What had been framed throughout 2024 and 2025 as an inevitable expansion of hyperscale campuses, gigawatt-scale power agreements, and AI “factory” clusters is now encountering a different kind of gatekeeper: the communities expected to host the infrastructure.

The shift is already visible in project outcomes. Across the United States, multiple projects were canceled, blocked, or fundamentally reshaped in the opening months of 2026 due to organized local opposition. Reporting from The Guardian found that 26 data center projects were canceled in December and January, compared with just one cancellation in October, suggesting that community resistance campaigns are increasingly capable of stopping projects before construction begins.

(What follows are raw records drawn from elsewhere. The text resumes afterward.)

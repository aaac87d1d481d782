-- ===== src/Calendar/Event/Rules.antt =====
-- calendar/event_parse.go: what each pattern of an event sets, and `Parse` of event.go.
pub mod Fields
pub mod Valid
use mathlib.Core.Option
use resticprofile.Base.{
  ℕ, ◌+◌, ◌-◌, Bool, true, false, not, ◌&&◌, ◌||◌, List, [], ◌∷◌, ◌++◌, Option, none, some, ltb,
  leb, ◌==◌, if◌then◌else◌, Text, codes, get_or, Act, ◌>>◌, skip, fail, each,
}
use resticprofile.Text.{text_eq, split, trim, replace_all, to_lower, two_digits, is_digit}
use resticprofile.Calendar.Value.{
  TypeValue, week_day, year, month, day, hour, minute, second, Value, ValueError, add_value,
}
use resticprofile.Calendar.Units.{parse}
use resticprofile.Calendar.Event.{Event}
use resticprofile.Calendar.Event.Keywords.{
  on_week_days, on_years, on_months, on_days, on_hours, on_minutes, on_seconds, special_keywords,
}
use resticprofile.Calendar.Event.Patterns.{
  Groups, match_weekday, match_date, match_time, match_two, match_three,
}

pub data EventError : Type 0 where
  empty_event no_pattern : EventError
  bad_field : TypeValue → ValueError → EventError

-- `match[index]`; the list of the groups begins with group 1.
abbrev group : ℕ → List Text → Text
group index match = get_or match (index - 1) []

-- An error of a field, as the error of the event.
abbrev pub wrap : TypeValue → Act ValueError Event → Act EventError Event
wrap t m e = let (e', err) = m e in (e', Option.map (bad_field t) err)

abbrev pub ParseFunc : Type 0
ParseFunc = List Text → Act EventError Event

-- Years below 1000 are counted from 2000.
unfoldable pub full_year : ℕ → ℕ
full_year y = if ltb y 1000 then y + 2000 else y

unfoldable pub parse_year : ℕ → ParseFunc
unfolding full_year
parse_year index match =
    if text_eq (group index match) []
    then skip
    else wrap year (on_years (parse (full_year ∷ []) (trim b'-' (group index match))))

unfoldable pub parse_month : ℕ → ParseFunc
parse_month index match = wrap month (on_months (parse [] (group index match)))

unfoldable pub parse_day : ℕ → ParseFunc
parse_day index match = wrap day (on_days (parse [] (group index match)))

unfoldable pub parse_hour : ℕ → ParseFunc
parse_hour index match = wrap hour (on_hours (parse [] (group index match)))

unfoldable pub parse_minute : ℕ → ParseFunc
parse_minute index match = wrap minute (on_minutes (parse [] (group index match)))

-- The error of a statement that drops it.
abbrev pub ignore : Act ValueError Event → Act EventError Event
ignore m e = ((m e).0, none)

unfoldable pub parse_second : ℕ → ParseFunc
parse_second index match =
    if text_eq (group index match) []
    then ignore (on_seconds (add_value 0))
    else wrap second (on_seconds (parse [] (trim b':' (group index match))))

unfoldable pub set_midnight : ParseFunc
set_midnight match =
    ignore (on_hours (add_value 0))
    >> ignore (on_minutes (add_value 0))
    >> ignore (on_seconds (add_value 0))

-- longWeekDay and shortWeekDay, as they are spelled there.
unfoldable pub long_week_day : List (ℕ × Text)
long_week_day =
    (0, codes "sunday")
    ∷ (1, codes "monday")
    ∷ (2, codes "tuesday")
    ∷ (3, codes "wednesday")
    ∷ (4, codes "thusday")
    ∷ (5, codes "friday")
    ∷ (6, codes "saturday")
    ∷ (7, codes "sunday")
    ∷ []

unfoldable pub short_week_day : List (ℕ × Text)
short_week_day =
    (0, codes "sun")
    ∷ (1, codes "mon")
    ∷ (2, codes "tue")
    ∷ (3, codes "wed")
    ∷ (4, codes "thu")
    ∷ (5, codes "fri")
    ∷ (6, codes "sat")
    ∷ (7, codes "sun")
    ∷ []

unfoldable pub replace_names : List (ℕ × Text) → Text → Text
replace_names [] s = s
replace_names ((index, name) ∷ rest) s = replace_names rest (replace_all s name (two_digits index))

unfoldable pub weekday_numbers : Text → Text
unfolding long_week_day short_week_day replace_names
weekday_numbers s =
    let named = replace_names short_week_day (replace_names long_week_day (to_lower s)) in
    replace_all (replace_all named (codes "..00") (codes "..07")) (codes ",00") (codes ",07")

unfoldable pub parse_weekday : ℕ → ParseFunc
parse_weekday index match =
    wrap week_day (on_week_days (parse [] (weekday_numbers (group index match))))

pub record Rule : Type 0 where
  pub expr : Text → Groups
  pub parse_values : List ParseFunc

unfoldable pub parsing_rules : List Rule
unfolding match_weekday match_date match_time match_two match_three
parsing_rules =
    record {
      expr = match_three match_weekday match_date match_time;
      parse_values =
          parse_weekday 1
          ∷ parse_year 2
          ∷ parse_month 3
          ∷ parse_day 4
          ∷ parse_hour 5
          ∷ parse_minute 6
          ∷ parse_second 7
          ∷ [];
    }
    ∷ record {
      expr = match_date;
      parse_values = parse_year 1 ∷ parse_month 2 ∷ parse_day 3 ∷ set_midnight ∷ [];
    }
    ∷ record {
      expr = match_time;
      parse_values = parse_hour 1 ∷ parse_minute 2 ∷ parse_second 3 ∷ [];
    }
    ∷ record {
      expr = match_two match_date match_time;
      parse_values =
          parse_year 1
          ∷ parse_month 2
          ∷ parse_day 3
          ∷ parse_hour 4
          ∷ parse_minute 5
          ∷ parse_second 6
          ∷ [];
    }
    ∷ record { expr = match_weekday; parse_values = parse_weekday 1 ∷ set_midnight ∷ [] }
    ∷ record {
      expr = match_two match_weekday match_date;
      parse_values =
          parse_weekday 1 ∷ parse_year 2 ∷ parse_month 3 ∷ parse_day 4 ∷ set_midnight ∷ [];
    }
    ∷ record {
      expr = match_two match_weekday match_time;
      parse_values = parse_weekday 1 ∷ parse_hour 2 ∷ parse_minute 3 ∷ parse_second 4 ∷ [];
    }
    ∷ []

-- The first rule that matches decides.
unfoldable pub try_rules : List Rule → Text → Act EventError Event
try_rules [] input e = (e, some no_pattern)
try_rules (r ∷ rs) input e = elim (r.expr input) [
  | some match ↦ each (λ (f : ParseFunc). f match) r.parse_values e
  | none ↦ try_rules rs input e
]

unfoldable pub try_keywords : List (Text × Act ValueError Event) → Text → Act EventError Event
try_keywords [] input e = try_rules parsing_rules input e
try_keywords ((keyword, set_values) ∷ rest) input e =
    if text_eq input keyword
    then wrap TypeValue.unknown_type set_values e
    else try_keywords rest input e

unfoldable pub parse_event : Text → Act EventError Event
parse_event input e =
    let e' = record e { input = input } in
    if text_eq input [] then (e', some empty_event) else try_keywords special_keywords input e'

At the same time, local governments are responding to community pressure with moratoriums, zoning restrictions, and permitting delays that can stall projects long enough to jeopardize financing or push developers to seek more favorable jurisdictions.

While opposition to data center development is not new, the scale, coordination, and success rate of these efforts suggest a structural shift in how and where AI infrastructure can be deployed.

The following cases illustrate how community resistance is beginning to influence where, and whether, major data center campuses move forward.

San Marcos, Texas — A $1.5 Billion Rejection

One of the most consequential project rejections of early 2026 occurred in San Marcos, Texas, where a proposed hyperscale data center campus was halted through direct political action.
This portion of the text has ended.